## PROBLEM STATEMENT:
Your task is to copy every line of the entries that contains "before".

= = = = = = =

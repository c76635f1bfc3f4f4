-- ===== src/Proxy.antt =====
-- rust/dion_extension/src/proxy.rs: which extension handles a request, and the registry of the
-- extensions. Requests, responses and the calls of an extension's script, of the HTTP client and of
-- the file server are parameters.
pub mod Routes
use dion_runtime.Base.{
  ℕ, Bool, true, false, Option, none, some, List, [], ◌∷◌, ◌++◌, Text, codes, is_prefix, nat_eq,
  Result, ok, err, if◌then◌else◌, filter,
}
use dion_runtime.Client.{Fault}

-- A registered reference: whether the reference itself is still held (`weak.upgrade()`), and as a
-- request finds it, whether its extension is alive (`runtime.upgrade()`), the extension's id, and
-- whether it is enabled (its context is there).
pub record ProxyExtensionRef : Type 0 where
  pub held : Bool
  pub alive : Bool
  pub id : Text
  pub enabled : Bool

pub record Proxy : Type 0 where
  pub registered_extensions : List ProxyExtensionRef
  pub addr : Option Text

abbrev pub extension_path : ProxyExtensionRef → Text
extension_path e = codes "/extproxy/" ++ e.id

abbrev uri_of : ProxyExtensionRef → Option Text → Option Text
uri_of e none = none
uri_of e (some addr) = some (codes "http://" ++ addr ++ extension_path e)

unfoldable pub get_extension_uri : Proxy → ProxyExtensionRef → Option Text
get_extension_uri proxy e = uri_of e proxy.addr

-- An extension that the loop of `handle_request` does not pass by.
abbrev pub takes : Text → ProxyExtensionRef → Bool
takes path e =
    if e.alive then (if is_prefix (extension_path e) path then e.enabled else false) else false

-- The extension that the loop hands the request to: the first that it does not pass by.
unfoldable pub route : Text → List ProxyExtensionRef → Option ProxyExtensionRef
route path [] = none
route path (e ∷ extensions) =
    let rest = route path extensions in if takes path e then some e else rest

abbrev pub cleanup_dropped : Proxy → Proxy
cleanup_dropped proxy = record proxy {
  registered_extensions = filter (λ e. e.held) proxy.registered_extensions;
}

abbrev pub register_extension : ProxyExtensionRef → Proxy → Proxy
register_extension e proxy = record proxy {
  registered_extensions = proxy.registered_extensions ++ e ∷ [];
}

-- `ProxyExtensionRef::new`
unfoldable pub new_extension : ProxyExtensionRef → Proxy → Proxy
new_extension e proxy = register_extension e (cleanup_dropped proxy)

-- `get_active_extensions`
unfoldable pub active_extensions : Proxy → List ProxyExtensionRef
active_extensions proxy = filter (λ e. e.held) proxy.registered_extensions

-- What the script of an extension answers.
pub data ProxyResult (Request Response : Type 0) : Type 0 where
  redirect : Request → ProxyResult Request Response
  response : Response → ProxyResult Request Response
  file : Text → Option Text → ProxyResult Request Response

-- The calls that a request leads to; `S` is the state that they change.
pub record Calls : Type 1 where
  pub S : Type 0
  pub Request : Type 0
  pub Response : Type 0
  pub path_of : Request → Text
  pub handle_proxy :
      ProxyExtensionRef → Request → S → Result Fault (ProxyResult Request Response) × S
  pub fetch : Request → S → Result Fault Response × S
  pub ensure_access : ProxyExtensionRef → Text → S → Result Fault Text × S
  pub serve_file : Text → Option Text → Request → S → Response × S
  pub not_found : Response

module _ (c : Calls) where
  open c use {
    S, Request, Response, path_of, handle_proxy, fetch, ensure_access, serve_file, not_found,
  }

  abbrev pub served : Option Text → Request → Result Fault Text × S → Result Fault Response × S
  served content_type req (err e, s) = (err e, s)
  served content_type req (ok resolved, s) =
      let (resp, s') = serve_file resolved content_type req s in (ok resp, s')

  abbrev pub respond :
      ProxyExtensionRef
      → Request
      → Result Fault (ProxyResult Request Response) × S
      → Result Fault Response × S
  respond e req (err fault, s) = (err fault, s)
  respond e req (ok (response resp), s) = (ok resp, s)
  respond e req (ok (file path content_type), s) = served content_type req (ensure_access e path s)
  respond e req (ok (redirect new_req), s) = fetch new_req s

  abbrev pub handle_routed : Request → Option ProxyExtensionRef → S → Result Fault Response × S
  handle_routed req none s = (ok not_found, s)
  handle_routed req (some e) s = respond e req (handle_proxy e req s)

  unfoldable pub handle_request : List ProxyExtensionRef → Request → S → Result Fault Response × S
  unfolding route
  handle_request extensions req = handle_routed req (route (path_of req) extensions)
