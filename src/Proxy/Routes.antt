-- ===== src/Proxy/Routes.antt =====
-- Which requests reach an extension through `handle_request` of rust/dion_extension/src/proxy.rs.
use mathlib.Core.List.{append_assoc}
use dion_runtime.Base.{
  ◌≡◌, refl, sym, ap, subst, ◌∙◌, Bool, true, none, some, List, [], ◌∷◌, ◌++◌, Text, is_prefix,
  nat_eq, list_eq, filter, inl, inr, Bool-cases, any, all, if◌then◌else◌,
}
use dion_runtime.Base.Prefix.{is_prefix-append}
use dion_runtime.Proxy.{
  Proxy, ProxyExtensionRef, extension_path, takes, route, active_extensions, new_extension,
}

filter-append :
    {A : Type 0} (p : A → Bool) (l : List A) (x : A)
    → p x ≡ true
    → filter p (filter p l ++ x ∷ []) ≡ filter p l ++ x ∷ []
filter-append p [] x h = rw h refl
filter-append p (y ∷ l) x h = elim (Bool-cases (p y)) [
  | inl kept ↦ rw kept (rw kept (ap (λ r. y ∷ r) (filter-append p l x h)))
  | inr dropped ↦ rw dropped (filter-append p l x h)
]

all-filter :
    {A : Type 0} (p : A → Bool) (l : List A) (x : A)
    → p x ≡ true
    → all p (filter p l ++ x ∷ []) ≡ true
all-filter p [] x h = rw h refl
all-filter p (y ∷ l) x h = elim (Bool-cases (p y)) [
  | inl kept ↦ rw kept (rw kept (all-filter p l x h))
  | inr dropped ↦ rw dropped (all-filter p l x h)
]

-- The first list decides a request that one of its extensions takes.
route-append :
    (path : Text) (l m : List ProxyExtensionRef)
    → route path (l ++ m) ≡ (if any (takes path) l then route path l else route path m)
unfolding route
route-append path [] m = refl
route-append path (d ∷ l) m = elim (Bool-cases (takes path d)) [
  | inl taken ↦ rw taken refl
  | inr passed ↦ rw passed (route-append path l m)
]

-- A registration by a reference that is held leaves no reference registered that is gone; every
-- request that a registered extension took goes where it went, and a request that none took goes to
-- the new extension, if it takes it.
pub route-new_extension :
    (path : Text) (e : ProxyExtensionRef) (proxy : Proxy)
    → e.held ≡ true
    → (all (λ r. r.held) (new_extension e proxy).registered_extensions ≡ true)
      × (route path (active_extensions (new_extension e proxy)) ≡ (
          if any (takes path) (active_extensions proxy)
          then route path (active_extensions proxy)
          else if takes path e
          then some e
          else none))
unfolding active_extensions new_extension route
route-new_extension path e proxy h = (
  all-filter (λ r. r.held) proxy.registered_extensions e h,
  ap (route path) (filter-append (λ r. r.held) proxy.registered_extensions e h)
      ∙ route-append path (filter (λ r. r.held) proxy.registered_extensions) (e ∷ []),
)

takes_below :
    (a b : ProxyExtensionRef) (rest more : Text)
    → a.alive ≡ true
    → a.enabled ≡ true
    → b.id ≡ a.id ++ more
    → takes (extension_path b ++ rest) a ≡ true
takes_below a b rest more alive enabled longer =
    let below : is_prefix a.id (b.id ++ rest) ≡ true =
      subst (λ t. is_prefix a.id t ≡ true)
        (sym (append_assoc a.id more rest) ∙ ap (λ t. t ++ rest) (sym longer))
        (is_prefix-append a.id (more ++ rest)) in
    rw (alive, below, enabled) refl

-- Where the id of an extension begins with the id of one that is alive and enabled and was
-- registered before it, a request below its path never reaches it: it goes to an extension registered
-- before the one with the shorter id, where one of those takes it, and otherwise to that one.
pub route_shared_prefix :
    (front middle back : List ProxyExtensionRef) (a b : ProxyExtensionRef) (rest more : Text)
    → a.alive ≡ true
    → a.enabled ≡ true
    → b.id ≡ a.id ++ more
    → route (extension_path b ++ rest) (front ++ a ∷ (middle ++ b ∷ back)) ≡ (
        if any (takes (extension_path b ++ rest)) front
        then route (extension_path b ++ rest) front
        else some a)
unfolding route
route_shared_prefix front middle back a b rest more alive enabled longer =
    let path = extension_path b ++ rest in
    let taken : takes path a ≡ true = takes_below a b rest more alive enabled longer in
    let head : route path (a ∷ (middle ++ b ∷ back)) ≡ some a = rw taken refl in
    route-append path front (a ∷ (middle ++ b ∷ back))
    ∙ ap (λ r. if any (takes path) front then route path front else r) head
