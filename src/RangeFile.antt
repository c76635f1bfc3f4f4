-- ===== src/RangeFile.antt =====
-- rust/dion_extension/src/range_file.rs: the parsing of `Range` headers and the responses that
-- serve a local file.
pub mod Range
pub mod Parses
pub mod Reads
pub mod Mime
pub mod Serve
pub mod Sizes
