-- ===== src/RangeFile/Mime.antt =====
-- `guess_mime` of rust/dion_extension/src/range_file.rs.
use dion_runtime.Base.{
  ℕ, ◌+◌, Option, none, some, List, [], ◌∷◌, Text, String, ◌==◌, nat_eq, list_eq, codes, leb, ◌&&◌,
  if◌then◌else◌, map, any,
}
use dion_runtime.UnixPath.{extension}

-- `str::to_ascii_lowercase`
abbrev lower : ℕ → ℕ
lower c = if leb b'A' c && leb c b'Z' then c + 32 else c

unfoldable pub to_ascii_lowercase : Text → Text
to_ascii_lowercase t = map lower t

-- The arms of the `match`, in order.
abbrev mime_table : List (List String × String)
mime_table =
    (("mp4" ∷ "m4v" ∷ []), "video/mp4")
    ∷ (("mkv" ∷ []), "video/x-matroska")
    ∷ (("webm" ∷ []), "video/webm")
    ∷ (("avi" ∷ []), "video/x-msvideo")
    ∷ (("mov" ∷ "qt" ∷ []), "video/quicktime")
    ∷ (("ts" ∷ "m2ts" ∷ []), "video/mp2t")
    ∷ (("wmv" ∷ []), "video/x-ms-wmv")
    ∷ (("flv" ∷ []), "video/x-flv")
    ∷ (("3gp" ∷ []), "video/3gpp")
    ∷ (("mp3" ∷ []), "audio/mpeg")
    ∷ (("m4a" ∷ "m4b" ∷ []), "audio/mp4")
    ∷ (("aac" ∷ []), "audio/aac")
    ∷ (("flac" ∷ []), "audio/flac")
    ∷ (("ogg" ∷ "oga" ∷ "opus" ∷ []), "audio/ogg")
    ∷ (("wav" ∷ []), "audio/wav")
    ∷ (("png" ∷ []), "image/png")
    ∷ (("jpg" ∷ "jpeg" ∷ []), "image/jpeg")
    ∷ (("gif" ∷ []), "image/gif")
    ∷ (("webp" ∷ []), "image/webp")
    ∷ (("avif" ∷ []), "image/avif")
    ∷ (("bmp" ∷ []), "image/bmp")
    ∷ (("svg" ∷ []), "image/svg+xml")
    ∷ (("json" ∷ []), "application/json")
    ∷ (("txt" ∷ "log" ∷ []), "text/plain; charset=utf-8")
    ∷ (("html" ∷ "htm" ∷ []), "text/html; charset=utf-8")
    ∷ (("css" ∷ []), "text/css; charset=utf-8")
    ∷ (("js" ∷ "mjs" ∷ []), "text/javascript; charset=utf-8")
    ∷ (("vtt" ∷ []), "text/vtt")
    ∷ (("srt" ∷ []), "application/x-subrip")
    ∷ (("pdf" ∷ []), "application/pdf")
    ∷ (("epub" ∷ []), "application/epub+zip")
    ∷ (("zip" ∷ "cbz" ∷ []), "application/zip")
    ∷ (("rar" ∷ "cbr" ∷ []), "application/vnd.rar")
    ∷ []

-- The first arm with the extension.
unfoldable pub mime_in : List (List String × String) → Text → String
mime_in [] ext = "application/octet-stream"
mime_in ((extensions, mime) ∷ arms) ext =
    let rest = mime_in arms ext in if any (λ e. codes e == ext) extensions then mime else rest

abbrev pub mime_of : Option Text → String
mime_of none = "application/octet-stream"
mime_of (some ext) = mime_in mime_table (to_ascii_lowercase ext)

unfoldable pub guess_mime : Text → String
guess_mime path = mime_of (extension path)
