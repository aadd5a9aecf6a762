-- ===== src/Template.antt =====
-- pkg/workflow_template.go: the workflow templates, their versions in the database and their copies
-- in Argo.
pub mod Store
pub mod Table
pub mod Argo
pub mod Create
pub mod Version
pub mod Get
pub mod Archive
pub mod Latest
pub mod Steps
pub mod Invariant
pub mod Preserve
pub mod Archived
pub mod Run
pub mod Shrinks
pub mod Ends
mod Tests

= = = = = = =

## RESPONSE FOR THIS EXERCISE:
-- registered before it, a request below its path never reaches it: it goes to an extension registered
-- before the one with the shorter id, where one of those takes it, and otherwise to that one.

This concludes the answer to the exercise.